With much of the Australian media taking its lead from American issues, the climate change debate in the Australian press is blurred at best. Elsewhere, the situation is more positive. In world leading economies such as China and Germany, huge investments are being made to transform these economies to best position them for a low carbon future. The benefits of improved energy security, stronger trade balances, growth in employment, technology and industry leadership, not to ignore the associated environmental gains, are increasingly evident. In our view it is timely to review recent advances in the Chinese green economy. Many are world leading and their implications for the global economy in the next few decades should not be underestimated.

For all its faults, the Chinese political system has allowed the Hu-Wen administration to focus on the long term positioning of the country. The gigantic surge in Chinese energy consumption means dealing with the associated escalation of national energy security risks is exceptionally high on the list of government priorities. Cementing China’s technology and industry leadership in high value added industries of a low carbon economy therefore dominates the 12th Five Year Plan. Dealing with the environmental pressures and resulting health issues gives an added imperative to the Hu-Wen administration to deal with emissions pollution.
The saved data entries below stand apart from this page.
-- ===== src/Discovery/Starting.antt =====
-- When Discovery.Start fails, and what runs when it does not.
use k8spodlogreceiver.Prelude.{
  ◌≡◌, refl, inl, inr, not, Option, none, some, List, [], ◌∷◌, ◌++◌, map, arith, if◌then◌else◌,
  Option-cases, Bytes, bytes_eq,
}
use k8spodlogreceiver.Discovery.{watched_namespaces}
use k8spodlogreceiver.Discovery.Informers.{
  awaits_sync, runs_informer, event_handler_refused, handler_incomplete, incomplete,
  watch_error_handler_refused, transform_refused, Informer, Watcher, Handler, SetUp, Settings,
  Refusal, build_informers, start, new_informer,
}
use k8spodlogreceiver.Prelude.Results.{Result, ok, err}

-- What a set-up is refused for, the first step first.
abbrev pub refusal : SetUp → Option Refusal
refusal s =
    if not s.transform_set
    then some transform_refused
    else if not s.watch_error_handler_set
    then some watch_error_handler_refused
    else if not s.event_handler_added
    then some event_handler_refused
    else none

abbrev pub first_refusal : (Bytes → SetUp) → List Bytes → Option Refusal
first_refusal set_up [] = none
first_refusal set_up (n ∷ ns) = elim (refusal (set_up n)) [
  | none ↦ first_refusal set_up ns
  | some e ↦ some e
]

-- What Start fails with, if it does.
abbrev pub failure : Settings → Handler → (Bytes → SetUp) → Option Refusal
failure cfg h set_up =
    if incomplete h
    then some handler_incomplete
    else first_refusal set_up (watched_namespaces cfg.namespaces)

abbrev pub informer_of : Settings → Bytes → Informer
informer_of cfg namespace = record {
  namespace = namespace;
  label_selector = cfg.label_selector;
  resync_period = cfg.resync_period;
}

-- One informer for each watched namespace, and the wait for all of them.
abbrev pub all_workers : Settings → List Watcher
all_workers cfg =
    let informers = map (informer_of cfg) (watched_namespaces cfg.namespaces) in
    map runs_informer informers ++ awaits_sync informers ∷ []

abbrev pub outcome {ℓ κ} : {E : Type ℓ} {A : Type κ} → Option E → A → Result E A
outcome none a = ok a
outcome (some e) a = err e

new_informer-refusal :
    (cfg : Settings) (set_up : Bytes → SetUp) (n : Bytes)
    → new_informer cfg set_up n ≡ outcome (refusal (set_up n)) (informer_of cfg n)
unfolding new_informer
new_informer-refusal cfg set_up n = ground arith

build_informers-refusal :
    (ns : List Bytes) (cfg : Settings) (set_up : Bytes → SetUp)
    → build_informers cfg set_up ns ≡ outcome (first_refusal set_up ns) (map (informer_of cfg) ns)
unfolding build_informers
build_informers-refusal [] cfg set_up = refl
build_informers-refusal (n ∷ ns) cfg set_up = elim (Option-cases (refusal (set_up n))) [
  | inl e ↦ ground (
    arith,
    e,
    new_informer-refusal cfg set_up n,
    build_informers-refusal ns cfg set_up,
    Option-cases (first_refusal set_up ns),
  )
  | inr (x, e) ↦ ground (arith, e, new_informer-refusal cfg set_up n)
]

-- Start fails if the handler lacks a function or the set-up of some namespace's informer is refused,
-- and then leaves nothing running; else it runs one informer for each watched namespace, in order, and the
-- wait for their initial listing.
pub start-failure :
    (cfg : Settings) (h : Handler) (set_up : Bytes → SetUp)
    → start cfg h set_up ≡ outcome (failure cfg h set_up) (all_workers cfg)
unfolding start
start-failure cfg h set_up =
    ground (arith, build_informers-refusal (watched_namespaces cfg.namespaces) cfg set_up)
To this end, there has been significant progress in China’s comprehensive national energy plan which contains a number of mutually dependent features. Key amongst these is the marshalling of financial, industrial and technological resources to fund a multi-decade plan to lift energy generation from domestic renewable sources. Initially focused on hydro and on-shore wind, more recently this has been expanded to offshore-wind, solar photovoltaic (PV) and energy-from-waste. However, China has had to first commission a national smart grid rollout. This involves a decade-long program of investment to upgrade the transmission network (high voltage direct current cabling nation-wide) coupled with a rollout of 300 million smart meters. Given the rapid urbanization and industrialization of the economy, per-capita consumption of energy continues to accelerate. As such, the government has mandated significant gains in energy efficiency. China is aiming to increase its technology and industrial self-sufficiency and global leadership, both to best gain from the high value employment opportunities and build its export domination of these newly emerging global industries.

While we are unashamedly China bulls, we recognize that China’s growth challenge is so large that demand for coal, gas and oil will continue to rise for at least another decade, notwithstanding all these positive moves. China’s carbon emissions will continue to rise as a result. However, the size of the country and rate of China’s GDP growth means it needs every available clean energy solution in orders of magnitude greater than anywhere else in the world. That said, China is doing all it can to address these issues within the context of moving towards a more sustainable economic model. While China is also making mistakes in the process by trying to move too fast (witness the July 2011 Wenzhou rail disaster) the quantity of capital investment is such that China is driving down the costs of these emerging technologies and building economies of scale.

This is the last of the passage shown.